I take her empty bowl and my own and drop them in a recycling conduit, listening to the powerful vacuum sucking them away to the depot across the river. Through the razor wire fence, across the misty river, we can just see the lights of the processing sector. Unlike the Pleasures or the controlled areas, the processing sector functions twenty four hours a day. But it’s mostly mindless bots doing the work over there. They’re not likely to complain.
I sometimes envy them. That’s funny, right? I envy machines? Maybe that’s why I build them.
I think I linger a bit long there, by the conduit, looking over the water, because she changes the subject.
“It’s nice here, this path. I didn’t know this was here.
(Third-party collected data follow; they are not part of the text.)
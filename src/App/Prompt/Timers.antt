-- ===== src/App/Prompt/Timers.antt =====
-- internal/app/prompt.go: the rounds of the loop that take the expiry of a timer.
use cyber_foreman.Prelude.{
  ℕ, ◌+◌, String, append, not, ◌||◌, List, [], ◌∷◌, Option, none, some, if◌then◌else◌,
}
use cyber_foreman.Domain.{waiting, attention, stopped, agent_interrupt}
use cyber_foreman.Event.{text}
use cyber_foreman.Supervisor.Types.{
  Snapshot, Observation, ObservationType, Decision, is_action, nudge, attention_required,
  timer_idle, timer_hard_timeout, nil,
}
use cyber_foreman.Supervisor.Engine.{evaluate}
use cyber_foreman.Supervisor.Executor.{ExecuteError, error_text}
use cyber_foreman.App.Types.{ServiceError}
use cyber_foreman.App.Prompt.State.{
  Plant, Loop, Outcome, stay, leave, service_error_text, reset_timer, current_status,
  publish_fields, attend_and_leave, transit, run_decision, numbered,
}
use cyber_foreman.App.Prompt.Performers.{prompt_performer}
use cyber_foreman.App.Prompt.Turn.{stop_mid_turn_review, take_over}
use cyber_foreman.App.Prompt.Actions.{status_is}

-- `timeoutFollowUp`.
unfoldable pub timeout_follow_up : Decision → String
timeout_follow_up d =
    if is_action d.action nudge
    then "监工检测到当前任务长时间没有可观察进展。请简要检查是否卡住或方向错误，然后继续完成原任务；不要重复已经完成的工作。"
    else "监工检测到多次空转，已取消上一轮。请重新评估当前方案，选择一个可验证的下一步继续原任务，并优先运行必要的检查。"

module _ {J S W : Type 0} (p : Plant J S W) where
  abbrev timer_observation : String → ObservationType → ℕ → Loop J S W → Observation
  timer_observation id type now l = record {
    id = id;
    task_id = p.task_id;
    session_id = l.session_id;
    type = type;
    timestamp = now;
    payload = nil;
  }

  -- What an execution leaves of the loop where its snapshot and its error are ignored.
  abbrev performed : Option ExecuteError × Snapshot × Option String × Loop J S W → Loop J S W
  performed (err, next, retried, l) = l

  abbrev pub nudged :
      Decision → ℕ → Option ExecuteError × Snapshot × Option String × Loop J S W → Outcome J S W
  nudged d now (some x, next, retried, l) =
      attend_and_leave p (append "idle recovery failed: " (error_text x)) now l
  nudged d now (none, next, retried, l) = stay (
      publish_fields p agent_interrupt (("rule_id", text d.rule_id) ∷ []) now (
        stop_mid_turn_review p (record l {
          snapshot = next;
          pending_follow_up = timeout_follow_up d;
          pending_follow_up_source = "supervisor";
        })))

  unfoldable pub idle_by : ℕ → List Decision → Loop J S W → Outcome J S W
  idle_by now [] l = stay (record l {
    idle_timer = reset_timer p.runtime.policy.idle_timeout p.runtime.policy.idle_timeout;
  })
  idle_by now (d ∷ ds) l =
      if is_action d.action attention_required
      then attend_and_leave p d.reason now
          (performed (run_decision p (prompt_performer p l.session_id) d now l))
      else nudged d now (run_decision p (prompt_performer p l.session_id) d now l)

  -- `case <-idleC`.
  unfoldable pub on_idle_due : ℕ → Loop J S W → Outcome J S W
  on_idle_due now l0 =
      let l = record l0 {
        idle_timer = none;
        sequence = l0.sequence + 1;
        snapshot = record l0.snapshot { idle_sequence = l0.snapshot.idle_sequence + 1 };
      } in
      if not l0.prompt_active
      then stay (record l0 { idle_timer = none })
      else idle_by now
          (evaluate l.snapshot
            (timer_observation (numbered p ":idle:" l.snapshot.idle_sequence) timer_idle now l))
          l

  unfoldable pub hard_by : ℕ → List Decision → Loop J S W → Outcome J S W
  hard_by now [] l = attend_and_leave p "task exceeded hard timeout" now l
  hard_by now (d ∷ ds) l =
      attend_and_leave p d.reason now
        (take_over p (run_decision p (prompt_performer p l.session_id) d now l))

  -- `case <-hardC`.
  unfoldable pub on_hard_due : ℕ → Loop J S W → Outcome J S W
  on_hard_due now l0 =
      let l = record l0 { hard_timer = none; sequence = l0.sequence + 1 } in
      hard_by now
        (evaluate l.snapshot
          (timer_observation (numbered p ":hard-timeout:" l.sequence) timer_hard_timeout now l))
        l

  abbrev pub expired : ℕ → Option ServiceError × Loop J S W → Outcome J S W
  expired now (some x, l) =
      attend_and_leave p (append "expire waiting Agent session: " (service_error_text x)) now l
  expired now (none, l) = leave l

  -- `case <-waitingC`.
  unfoldable pub on_waiting_due : ℕ → Loop J S W → Outcome J S W
  on_waiting_due now l0 =
      let l = record l0 { waiting_timer = none } in
      if not (status_is waiting (current_status p l) || status_is attention (current_status p l))
      then stay l
      else expired now (
          transit p stopped "interactive Agent session expired while waiting for operator input" now
            l)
What is the farm exactly?”
I turn, leaning back on the conduit pillar. “We grow most of the food for the Pleasures. Our food and some of the vendors’ food too. Have you never noticed that things taste fresher here than in the Controlled City?”
“I guess. Those dumplings were good,” she says. “Do you ever work there?”
“We take shifts. It’s hard work but I like it.”
“That explains why you’re so fit.” The blush rises in her face so fast I’m slightly surprised that she doesn’t swoon from low blood pressure. “Oh, fuck. I don’t know why I said that.”
I take a step forward, closer to her. “It’s possible I have better body in your dreams than I do in reality.”
Her blush deepens and she looks down. “Oh? I don’t think so.”
I reach out, lightly touching the material of her sleeve, sliding my hand down, slowly. It’s not like I haven’t done this before—the things I do here in the Pleasures are always a kind of seduction—but I feel just as giddy as…well as I did with things I did long ago, things my dead twin did before I was cut. Normal teenage things: a girl I liked, an awkward advance. It’s like I’m reliving it.
I’m nearly thirty years old and I’ve never made an actual pass at a woman. At least not one old enough to wear a proper bra. My teenage fumbles, more inspired by the world crumbling around me than any real feelings, are all I have to go on. And like everything else from my old life, I barely remember them. For all intents and purposes I’m a different person. Not that boy. Not the man he would have turned into.
Not really a man.
“There are parts that the dream Tully has that I don’t have, though. Right?” I say. I don’t know if I mean that to be flirtatious or a disclaimer. Maybe she’s forgotten who she’s talking to, whose fingers she’s just intertwined with her own.
“That doesn’t matter.” She turns her eyes up to meet mine.
“It doesn’t?”
“I mean, I’m sure it matters to you, but it doesn’t matter to me.”
I can’t help it any longer: I slide my free hand over her neck and cheek and into her glossy hair. “O’Mara…this is…not wise.”
“Fuck wisdom.”
I shake my head, laughing, and inch my face a little closer to hers.
“Why did you lose your license, Tully?”
“I stole something from a citizen.” We’re speaking in whispers now, though we’re all alone. No one to hear anything out here but sleeping chickens and fireflies.
O’Mara rests her free hand on my hip, gripping me through my sweater. “What did you steal?”
Her breath smells like dumpling soup and mint. An odd combination, but I think I’d find it sexy if I wasn’t so confused. I shouldn’t be doing this. I shouldn’t be here. This will end in tears.
MY tears, as well as hers probably.
“I stole a diamond bracelet. From an old harem wife.”